● Exercise directions: Look through the data below and, wherever a line carries the word "IsAbsolute", please copy that line.

________________

-- ===== src/ExplainFiles/Absolute.antt =====
-- Imports in the traces of an accepted listing have absolute paths.
use rules_typescript.Base.{
  Bool, true, false, not, ◌&&◌, ◌||◌, Option, none, some, List, [], ◌∷◌, ◌++◌, if◌then◌else◌,
  if-elim, In, ◌≡◌, refl, sym, ◌∙◌, ap, subst, false≢true,
}
use rules_typescript.Base.Text.{Text, codes, text_eq, has_prefix, contains}
use rules_typescript.ExplainFiles.{
  EdgeKind, module_specifier, Unresolved, Resolution, ResolutionCandidate, Listing, Attempt,
}
use rules_typescript.ExplainFiles.Reasons.{
  Parsed, ok, malformed, panics, is_none, Reading, as_edge, as_type_entry, as_implicit, as_root,
  as_nothing, ReasonForm, admits, read_edge, read_form, read_found, reason_forms, read_reason,
}
use rules_typescript.ExplainFiles.Parse.{with_missing, with_listing, rest_of, on_line, parse}
use rules_typescript.ExplainFiles.Traces.{
  Frame, Grammar, Reader, is_import, same_kind, redirects, on_start, opened, settled, on_end,
  on_candidate, on_trace, probed, substituted, is_match,
}
use rules_typescript.ExplainFiles.Lines.{Holds, held, errs, breaks, snoc, parse-Holds_of}

-- What the traces of a listing say of imports.
pub record IsTraced (g : Grammar) (o : Option Attempt) (resolutions : List Resolution)
    (unresolved : List Unresolved) (candidates : List ResolutionCandidate) : Type 0 where
  pub opened_absolute :
      (a : Attempt)
      → o ≡ some a
      → is_import a.unresolved.kind ≡ true
      → g.is_abs a.unresolved.from ≡ true
  pub resolutions_absolute :
      (r : Resolution)
      → In r resolutions
      → is_import r.edge.kind ≡ true
      → g.is_abs r.edge.from ≡ true
  pub unresolved_absolute :
      (u : Unresolved) → In u unresolved → is_import u.kind ≡ true → g.is_abs u.from ≡ true
  pub candidates_absolute :
      (c : ResolutionCandidate)
      → In c candidates
      → is_import c.kind ≡ true
      → (g.is_abs c.from ≡ true) × (g.is_abs c.path ≡ true)

-- The imports that are resolved, missed or given a candidate are those of files with absolute
-- paths, and the candidates' paths are absolute.
abbrev pub IsAbsolute : Grammar → Listing → Type 0
IsAbsolute g l = IsTraced g none l.resolutions l.unresolved l.candidates

implied : (a b : Bool) → (a && not b) ≡ false → a ≡ true → b ≡ true
implied true true h e = refl
implied true false h e = absurd (false≢true (sym h))
implied false b h e = absurd (false≢true e)

record SameOrigin (a b : Attempt) : Type 0 where
  same_kinds : b.unresolved.kind ≡ a.unresolved.kind
  same_froms : b.unresolved.from ≡ a.unresolved.from

module _ (g : Grammar) where
  abbrev IsReading : Reader → Type 0
  IsReading s =
      IsTraced g s.resolution s.listing.resolutions s.listing.unresolved s.listing.candidates

  -- Another attempt, of the same import.
  with_attempt :
      (o o' : Option Attempt) (rs : List Resolution) (us : List Unresolved)
      (cs : List ResolutionCandidate)
      → ((a : Attempt)
          → o' ≡ some a
          → is_import a.unresolved.kind ≡ true
          → g.is_abs a.unresolved.from ≡ true)
      → IsTraced g o rs us cs
      → IsTraced g o' rs us cs
  with_attempt o o' rs us cs h w = record {
    opened_absolute = h;
    resolutions_absolute = w.resolutions_absolute;
    unresolved_absolute = w.unresolved_absolute;
    candidates_absolute = w.candidates_absolute;
  }

  of_same :
      (a b c : Attempt)
      → (is_import a.unresolved.kind ≡ true → g.is_abs a.unresolved.from ≡ true)
      → SameOrigin a b
      → some b ≡ some c
      → is_import c.unresolved.kind ≡ true
      → g.is_abs c.unresolved.from ≡ true
  of_same a b c h same e k =
      let q : b ≡ c = cc in
      let kind : c.unresolved.kind ≡ a.unresolved.kind =
        ap (λ x. x.unresolved.kind) (sym q) ∙ same.same_kinds in
      let from : c.unresolved.from ≡ a.unresolved.from =
        ap (λ x. x.unresolved.from) (sym q) ∙ same.same_froms in
      subst (λ f. g.is_abs f ≡ true) (sym from) (h (subst (λ x. is_import x ≡ true) kind k))

  on_start-Holds :
      (frame : Frame) (o : Option Attempt) (s : Reader)
      → IsReading s
      → Holds IsReading (on_start g frame o s)
  unfolding on_start
  on_start-Holds frame (some a) s w =
      if-elim (Holds IsReading) (redirects g (g.package_target s.previous) a frame) _ _
        (λ _. held w) (λ _. errs)
  on_start-Holds frame none s w =
      if-elim (Holds IsReading) (is_import frame.kind && not (g.is_abs frame.from)) _ _ (λ _. errs)
        (λ checked. held (
          with_attempt s.resolution _ _ _ _
            (λ c e.
              of_same (opened g frame) (opened g frame) c (implied _ _ checked)
                (record { same_kinds = refl; same_froms = refl }) e)
            w))

  settled-IsTraced :
      (b : Bool) (to : Text) (a : Attempt) (o : Option Attempt) (l : Listing)
      → (is_import a.unresolved.kind ≡ true → g.is_abs a.unresolved.from ≡ true)
      → IsTraced g o l.resolutions l.unresolved l.candidates
      → IsTraced g none
          (settled g b to a l).resolutions
          (settled g b to a l).unresolved
          (settled g b to a l).candidates
  settled-IsTraced true to a o l h w = record {
    opened_absolute = λ c e. absurd (cc);
    resolutions_absolute =
        snoc (λ (r : Resolution). is_import r.edge.kind ≡ true → g.is_abs r.edge.from ≡ true)
          l.resolutions _ w.resolutions_absolute h;
    unresolved_absolute = w.unresolved_absolute;
    candidates_absolute = w.candidates_absolute;
  }
  settled-IsTraced false to a o l h w = record {
    opened_absolute = λ c e. absurd (cc);
    resolutions_absolute = w.resolutions_absolute;
    unresolved_absolute =
        snoc (λ (u : Unresolved). is_import u.kind ≡ true → g.is_abs u.from ≡ true) l.unresolved _
          w.unresolved_absolute h;
    candidates_absolute = w.candidates_absolute;
  }

  on_end-Holds :
      (frame : Frame) (o : Option Attempt) (s : Reader)
      → s.resolution ≡ o
      → IsReading s
      → Holds IsReading (on_end g frame o s)
  unfolding on_end
  on_end-Holds frame none s e w = errs
  on_end-Holds frame (some a) s e w =
      if-elim (Holds IsReading)
        (not (same_kind frame.kind a.unresolved.kind)
          || not (text_eq frame.specifier a.unresolved.specifier))
        _ _ (λ _. errs)
        (λ _. held (
          settled-IsTraced frame.resolved frame.to a s.resolution s.listing (w.opened_absolute a e)
            w))

  on_candidate-Holds :
      (o : Option Attempt) (found : Option Text) (s : Reader)
      → s.resolution ≡ o
      → IsReading s
      → Holds IsReading (on_candidate g o found s)
  unfolding on_candidate
  on_candidate-Holds none found s e w = errs
  on_candidate-Holds (some a) none s e w = errs
  on_candidate-Holds (some a) (some path) s e w =
      if-elim (Holds IsReading) (is_import a.unresolved.kind && not (g.is_abs path)) _ _ (λ _. errs)
        (λ checked. held (record {
          opened_absolute = λ c f.
              of_same a (record a { candidate = path }) c (w.opened_absolute a e)
                (record { same_kinds = refl; same_froms = refl }) f;
          resolutions_absolute = w.resolutions_absolute;
          unresolved_absolute = w.unresolved_absolute;
          candidates_absolute =
              snoc
                (λ (c : ResolutionCandidate).
                  is_import c.kind ≡ true → (g.is_abs c.from ≡ true) × (g.is_abs c.path ≡ true))
                s.listing.candidates _ w.candidates_absolute
                (λ k. (w.opened_absolute a e k, implied _ _ checked k));
        }))

  probed-SameOrigin :
      (probe : Option Text) (a b : Attempt) → SameOrigin a b → SameOrigin a (probed g probe b)
  probed-SameOrigin none a b w = w
  probed-SameOrigin (some file) a b w = record {
    same_kinds = w.same_kinds;
    same_froms = w.same_froms;
  }

  substituted-SameOrigin :
      (o : Option (Text × Text)) (probe : Option Text) (a b : Attempt)
      → SameOrigin a b
      → SameOrigin a (substituted g o probe b)
  substituted-SameOrigin none probe a b w = probed-SameOrigin probe a b w
  substituted-SameOrigin (some (pattern, path)) probe a b w = record {
    same_kinds = w.same_kinds;
    same_froms = w.same_froms;
  }

  on_trace-SameOrigin : (line : Text) (a : Attempt) → SameOrigin a (on_trace g line a)
  unfolding on_trace
  on_trace-SameOrigin line a =
      let b =
        if has_prefix line (codes "Loading module '") then record a { candidate = [] } else a in
      let w =
        if-elim (SameOrigin a) (has_prefix line (codes "Loading module '"))
          (record a { candidate = [] }) a (λ _. record { same_kinds = refl; same_froms = refl })
          (λ _. record { same_kinds = refl; same_froms = refl }) in
      if-elim (SameOrigin a)
        (module_specifier b.unresolved.kind && is_match g (g.package_target line)) _ _
        (λ _. record { same_kinds = w.same_kinds; same_froms = w.same_froms })
        (λ _. substituted-SameOrigin (g.path_substitution line) (g.missing_file_probe line) a b w)

  module _ (o : Option Attempt) (l : Listing) where
    abbrev Traced : Listing → Type 0
    Traced m = IsTraced g o m.resolutions m.unresolved m.candidates

    read_edge-Holds :
        (b : Bool) (kind : EdgeKind) (file spec from : Text)
        → Traced l
        → Holds Traced (read_edge b kind file spec from l)
    read_edge-Holds false kind file spec from w = held w
    read_edge-Holds true kind file (q ∷ c ∷ spec) from w = held w
    read_edge-Holds true kind file (q ∷ []) from w = breaks
    read_edge-Holds true kind file [] from w = breaks

    read_form-Holds :
        (reading : Reading) (file : Text) (found : Text × Text)
        → Traced l
        → Holds Traced (read_form reading file found l)
    unfolding read_form
    read_form-Holds (as_edge kind) file (spec, from) w =
        read_edge-Holds (module_specifier kind) kind file spec from w
    read_form-Holds as_type_entry file (entry, other) w = held w
    read_form-Holds as_implicit file (entry, other) w = held w
    read_form-Holds as_root file found w = held w
    read_form-Holds as_nothing file found w = held w

    read_found-Holds :
        (reading : Reading) (file : Text) (rest : Parsed Listing) (found : Option (Text × Text))
        → Traced l
        → Holds Traced rest
        → Holds Traced (read_found g.find reading file l rest found)
    read_found-Holds reading file rest none w h = h
    read_found-Holds reading file rest (some found) w h = read_form-Holds reading file found w

    read_reason-Holds :
        (forms : List ReasonForm) (file reason : Text)
        → Traced l
        → Holds Traced (read_reason g.find forms file reason l)
    unfolding read_reason
    read_reason-Holds [] file reason w = errs
    read_reason-Holds (f ∷ forms) file reason w =
        let h = read_reason-Holds forms file reason w in
        if-elim (Holds Traced) (not (admits f reason)) _ _ (λ _. h)
          (λ _.
            read_found-Holds f.reading file (read_reason g.find forms file reason l)
              (g.find f.pattern reason) w h)

  with_listing-Holds :
      (r : Parsed Listing) (s : Reader)
      → Holds (Traced s.resolution s.listing) r
      → Holds IsReading (with_listing g r s)
  with_listing-Holds (ok l) s (held h) = held h
  with_listing-Holds malformed s h = errs
  with_listing-Holds panics s h = breaks

  with_missing-IsTraced :
      (o : Option Attempt) (missing : Option (Text × (Text × Text))) (l : Listing)
      → IsTraced g o l.resolutions l.unresolved l.candidates
      → IsTraced g o
          (with_missing g missing l).resolutions
          (with_missing g missing l).unresolved
          (with_missing g missing l).candidates
  unfolding with_missing
  with_missing-IsTraced o none l w = w
  with_missing-IsTraced o (some (from, (path, extensions))) l w = record {
    opened_absolute = w.opened_absolute;
    resolutions_absolute = w.resolutions_absolute;
    unresolved_absolute =
        snoc (λ (u : Unresolved). is_import u.kind ≡ true → g.is_abs u.from ≡ true) l.unresolved _
          w.unresolved_absolute (λ k. absurd (false≢true k));
    candidates_absolute = w.candidates_absolute;
  }

  on_line-Holds : (line : Text) (s : Reader) → IsReading s → Holds IsReading (on_line g line s)
  unfolding on_line
  on_line-Holds line s w =
      if-elim (Holds IsReading) (is_none line) _ _ (λ _. held w)
        (λ _.
          if-elim (Holds IsReading) (s.in_diagnostic && has_prefix line (codes "  ")) _ _
            (λ _. held w)
            (λ _.
              if-elim (Holds IsReading) (has_prefix line (codes "   ")) _ _
                (λ _.
                  if-elim (Holds IsReading) (is_none s.file) _ _ (λ _. errs)
                    (λ named. with_listing-Holds _ s (
                      read_reason-Holds s.resolution s.listing reason_forms s.file
                        (rest_of g 3 line) w)))
                (λ _.
                  if-elim (Holds IsReading)
                    (contains line (codes "error TS") && g.diagnostic_line line) _ _
                    (λ _. held (
                      with_missing-IsTraced s.resolution (g.missing_reference line)
                        (record s.listing { diagnostics = s.listing.diagnostics ++ line ∷ [] }) w))
                    (λ _. held w))))

-- In a listing that is accepted, whatever the regular expressions match, every import that a trace
-- resolves, misses or gives a candidate location is of a file with an absolute path, and the paths
-- of the candidate locations of imports are absolute.
pub parse-IsAbsolute : (g : Grammar) (text : Text) → Holds (IsAbsolute g) (parse g text)
parse-IsAbsolute g text =
    parse-Holds_of g (IsReading g) (λ line s w. w)
      (λ frame s w. on_start-Holds g frame s.resolution s w)
      (λ frame s w. on_end-Holds g frame s.resolution s refl w)
      (λ found s w. on_candidate-Holds g s.resolution found s refl w)
      (λ line a s e w.
        with_attempt g s.resolution _ _ _ _
          (λ c f.
            of_same g a (on_trace g line a) c (w.opened_absolute a e) (on_trace-SameOrigin g line a)
              f)
          w)
      (on_line-Holds g) (IsAbsolute g)
      (λ s w. with_attempt g s.resolution none _ _ _ (λ c e. absurd (cc)) w)
      (record {
        opened_absolute = λ c e. absurd (cc);
        resolutions_absolute = λ r i. elim i [ ];
        unresolved_absolute = λ u i. elim i [ ];
        candidates_absolute = λ c i. elim i [ ];
      })
      text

________________

● Output below:
abbrev pub IsAbsolute : Grammar → Listing → Type 0
IsAbsolute g l = IsTraced g none l.resolutions l.unresolved l.candidates
pub parse-IsAbsolute : (g : Grammar) (text : Text) → Holds (IsAbsolute g) (parse g text)
parse-IsAbsolute g text =
      (on_line-Holds g) (IsAbsolute g)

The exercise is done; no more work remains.